Monday, March 13, 2006

Lessons to learn from Tarrant County, Texas

A computer glitch in Tarrant County, Texas has fouled up election results and raised doubts about the integrity of the vote, according to this article by Max Baker of the Fort Worth Star-Telegram. County election officials said a computer programming error caused some votes to be counted multiple times. Now some candidates want to see a recount, but some of the ballots cast were electronic, with no voter-verified paper backup (it's not required yet it Texas), and ultimately figuring out what went wrong will depend on what the Texas-based manufacturer of the equipment, Hart Intercivic, says went wrong. Excerpts from the Star-Telegram story are featured below.

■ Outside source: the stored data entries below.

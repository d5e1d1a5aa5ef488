-- ===== src/Sensors/Loading/Reached.antt =====
-- The sensors that the proxy lists to the framework are those that it can be asked for.
use device_xiaomi_camellia.Base.{
  ℕ, ◌≤◌, ◌<◌, ◌^◌, ◌≡◌, Bool, true, Option, List, [], ◌∷◌, map, String, arith, All, All-weaken,
  length, contains, zero, suc,
}
use device_xiaomi_camellia.Sensors.Platform.{Platform, IsDocumented, SensorInfo}
use device_xiaomi_camellia.Sensors.Handle.Laws.{fits_of_clear, set_sub_hal_index_lem}
use device_xiaomi_camellia.Sensors.SensorList.Owned.{Lists, handles}
use device_xiaomi_camellia.Sensors.SensorList.Laws.{IsListed, initialize_sensor_list-IsListed}
use device_xiaomi_camellia.Sensors.Proxy.{SubHals, activate, batch, flush}
use device_xiaomi_camellia.Sensors.Proxy.Routing.{activate-set_sub_hal_index}
use device_xiaomi_camellia.Sensors.Loading.{Loader, Wrapper, hal_proxy, get_sensors_list_2_1}

-- The handle is an `int32_t`.
abbrev pub Fits : SensorInfo → Type 0
Fits s = s.sensor_handle < 2 ^ 32

listed-Fits :
    (list : List SensorInfo) (own : ℕ)
    → All Fits list
    → contains own (handles list) ≡ true
    → own < 2 ^ 32
listed-Fits [] own fits h = cc
listed-Fits (s ∷ list) own fits h = ground (arith, listed-Fits list own fits.1, fits.0)

lists-Fits :
    (lists : List (List SensorInfo)) (i own : ℕ)
    → All (λ list. All Fits list) lists
    → Lists lists i own
    → own < 2 ^ 32
lists-Fits [] i own fits h = cc
lists-Fits (list ∷ lists) zero own fits h = listed-Fits list own fits.0 h
lists-Fits (list ∷ lists) (suc i) own fits h = lists-Fits lists i own fits.1 h

map-Fits :
    {A : Type 0} (f : A → List SensorInfo) (xs : List A)
    → ((x : A) → All Fits (f x))
    → All (λ list. All Fits list) (map f xs)
map-Fits f [] fits = tt
map-Fits f (x ∷ xs) fits = (fits x, map-Fits f xs fits)

length-map : {A B : Type 0} (f : A → B) (xs : List A) → length (map f xs) ≡ length xs
length-map f [] = omega arith
length-map f (x ∷ xs) = omega (arith, length-map f xs)

All-listed :
    (P : SensorInfo → Type 0) (sensors : List (ℕ × SensorInfo))
    → All (λ entry. P entry.1) sensors
    → All P (get_sensors_list_2_1 sensors)
unfolding get_sensors_list_2_1
All-listed P [] h = tt
All-listed P (entry ∷ sensors) h = (h.0, All-listed P sensors h.1)

-- An `int32_t` that is not negative, by its bit pattern.
abbrev pub IsNonNegative : SensorInfo → Type 0
IsNonNegative s = s.sensor_handle < 2 ^ 31

IsListed-IsNonNegative :
    (p : Platform) (doc : IsDocumented p) (lists : List (List SensorInfo)) (direct : Option ℕ)
    (entry : ℕ × SensorInfo)
    → length lists ≤ 128
    → All (λ list. All Fits list) lists
    → IsListed p (Lists lists) (length lists) direct entry
    → IsNonNegative entry.1
IsListed-IsNonNegative p doc lists direct entry few fit l =
    let own_fits = lists-Fits lists l.sub_hal l.own_handle fit l.owned in
    let small =
      fits_of_clear p.sub_hal_index_mask doc.first_byte l.own_handle own_fits l.own_clear in
    let below : l.sub_hal < 128 = omega (arith, l.loaded) in
    rw (l.marked, set_sub_hal_index_lem l.own_handle l.sub_hal small (omega arith)) (omega arith)

-- With at most 128 sub-HALs whose handles are `int32_t`, every handle that a proxy lists to the
-- framework is a non-negative `int32_t`, marks included.
pub get_sensors_list-IsNonNegative :
    {H : Type 0} (p : Platform) (doc : IsDocumented p) (L : Loader H) (config : Option String)
    (lists : Wrapper H → List SensorInfo)
    → length (hal_proxy L p config lists).0 ≤ 128
    → ((h : Wrapper H) → All Fits (lists h))
    → All IsNonNegative (get_sensors_list_2_1 (hal_proxy L p config lists).1.sensors)
unfolding hal_proxy
get_sensors_list-IsNonNegative p doc L config lists few fit =
    let sub_hals = (hal_proxy L p config lists).0 in
    let t = (hal_proxy L p config lists).1 in
    All-listed IsNonNegative t.sensors (
      All-weaken _ _ t.sensors
        (λ entry l.
          IsListed-IsNonNegative p doc (map lists sub_hals) t.direct_channel_sub_hal entry
            (omega (arith, length-map lists sub_hals)) (map-Fits lists sub_hals fit) l)
        (initialize_sensor_list-IsListed p doc (map lists sub_hals)))

module _ {W : Type 0} (p : Platform) (S : SubHals W) where
  -- A sub-HAL has listed the sensor, and the calls for it go to that sub-HAL with the handle that it
  -- listed.
  pub record IsReached (lists : List (List SensorInfo)) (sensor : SensorInfo) : Type 0 where
    pub sub_hal : ℕ
    pub own_handle : ℕ
    pub listed : Lists lists sub_hal own_handle
    pub activates :
        (enabled : Bool) (w : W)
        → activate p S sensor.sensor_handle enabled w ≡ S.activate sub_hal own_handle enabled w
    pub batches :
        (period latency : ℕ) (w : W)
        → batch p S sensor.sensor_handle period latency w
          ≡ S.batch sub_hal own_handle period latency w
    pub flushes : (w : W) → flush p S sensor.sensor_handle w ≡ S.flush sub_hal own_handle w

  IsListed-IsReached :
      (doc : IsDocumented p) (lists : List (List SensorInfo)) (direct : Option ℕ)
      (entry : ℕ × SensorInfo)
      → length lists ≡ S.size
      → S.size ≤ 128
      → All (λ list. All Fits list) lists
      → IsListed p (Lists lists) (length lists) direct entry
      → IsReached lists entry.1
  IsListed-IsReached doc lists direct entry size few fit l =
      let own_fits = lists-Fits lists l.sub_hal l.own_handle fit l.owned in
      let routes = λ (enabled : Bool) (period : ℕ) (latency : ℕ) (w : W).
        activate-set_sub_hal_index p S doc l.own_handle l.sub_hal enabled period latency w own_fits
          l.own_clear (omega (arith, l.loaded)) (omega (arith, l.loaded)) (omega arith) in
      record {
        sub_hal = l.sub_hal;
        own_handle = l.own_handle;
        listed = l.owned;
        activates = λ enabled w. rw (l.marked) (routes enabled 0 0 w).0;
        batches = λ period latency w. rw (l.marked) (routes true period latency w).1;
        flushes = λ w. rw (l.marked) (routes true 0 0 w).2;
      }

  -- With at most 128 sub-HALs whose handles are `int32_t`, every sensor that a proxy loaded from
  -- any configuration file lists to the framework is one that a sub-HAL lists, and `activate`,
  -- `batch` and `flush` for the handle in the list reach that sub-HAL under its own handle.
  pub get_sensors_list-IsReached :
      {H : Type 0} (doc : IsDocumented p) (L : Loader H) (config : Option String)
      (lists : Wrapper H → List SensorInfo)
      → length (hal_proxy L p config lists).0 ≡ S.size
      → S.size ≤ 128
      → ((h : Wrapper H) → All Fits (lists h))
      → let (sub_hals, t) = hal_proxy L p config lists in
        All (IsReached (map lists sub_hals)) (get_sensors_list_2_1 t.sensors)
  unfolding hal_proxy
  get_sensors_list-IsReached doc L config lists size few fit =
      let sub_hals = (hal_proxy L p config lists).0 in
      let t = (hal_proxy L p config lists).1 in
      All-listed (IsReached (map lists sub_hals)) t.sensors (
        All-weaken _ _ t.sensors
          (λ entry l.
            IsListed-IsReached doc (map lists sub_hals) t.direct_channel_sub_hal entry
              (omega (arith, length-map lists sub_hals)) few (map-Fits lists sub_hals fit) l)
          (initialize_sensor_list-IsListed p doc (map lists sub_hals)))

Tarrant County officials expect to decide by early next week whether to conduct a full recount of Tuesday's primary ballots because of questions about a computer glitch that not only inflated turnout numbers but may also have changed the outcome of some races.

Stephanie Klick, the Tarrant County Republican Party chairwoman, said party officials are reviewing the state election code while considering whether to ask for a recount or challenge the final tabulations in court.


Gayle Hamilton, the county's interim elections administrator, said she has been talking to the district attorney's office and the secretary of state's office about the best way to verify the election results.

"I'm not in a position to say how it's going to be handled yet," Hamilton said. "We want voters and the candidates to feel confident that all of the ballots were cast properly and counted."


County election officials said that because of a computer programming error, some votes were counted multiple times. That boosted the final tally in both primaries by as much as 100,000.

On Wednesday, officials said the error shouldn't alter the outcome of any race. But Klick said the two top vote-getters in the race for the 324th District Court traded places when the last count was released.

Late Tuesday, former state District Judge Paul Enlow was in the lead in the three-way race. By Wednesday, Associate Judge Jerry Hennigan was the leader. Enlow and Hennigan both got about 36 percent of the vote and will compete in a runoff April 11.

"If the numbers were supposed to be consistent throughout, they should not have changed, and they did," Klick said. "So something is wrong."

Hamilton said she was unaware of the change.

Although Tarrant is the only county to report this type of tabulation problem so far, statewide candidates are watching the outcome of the disputed returns closely.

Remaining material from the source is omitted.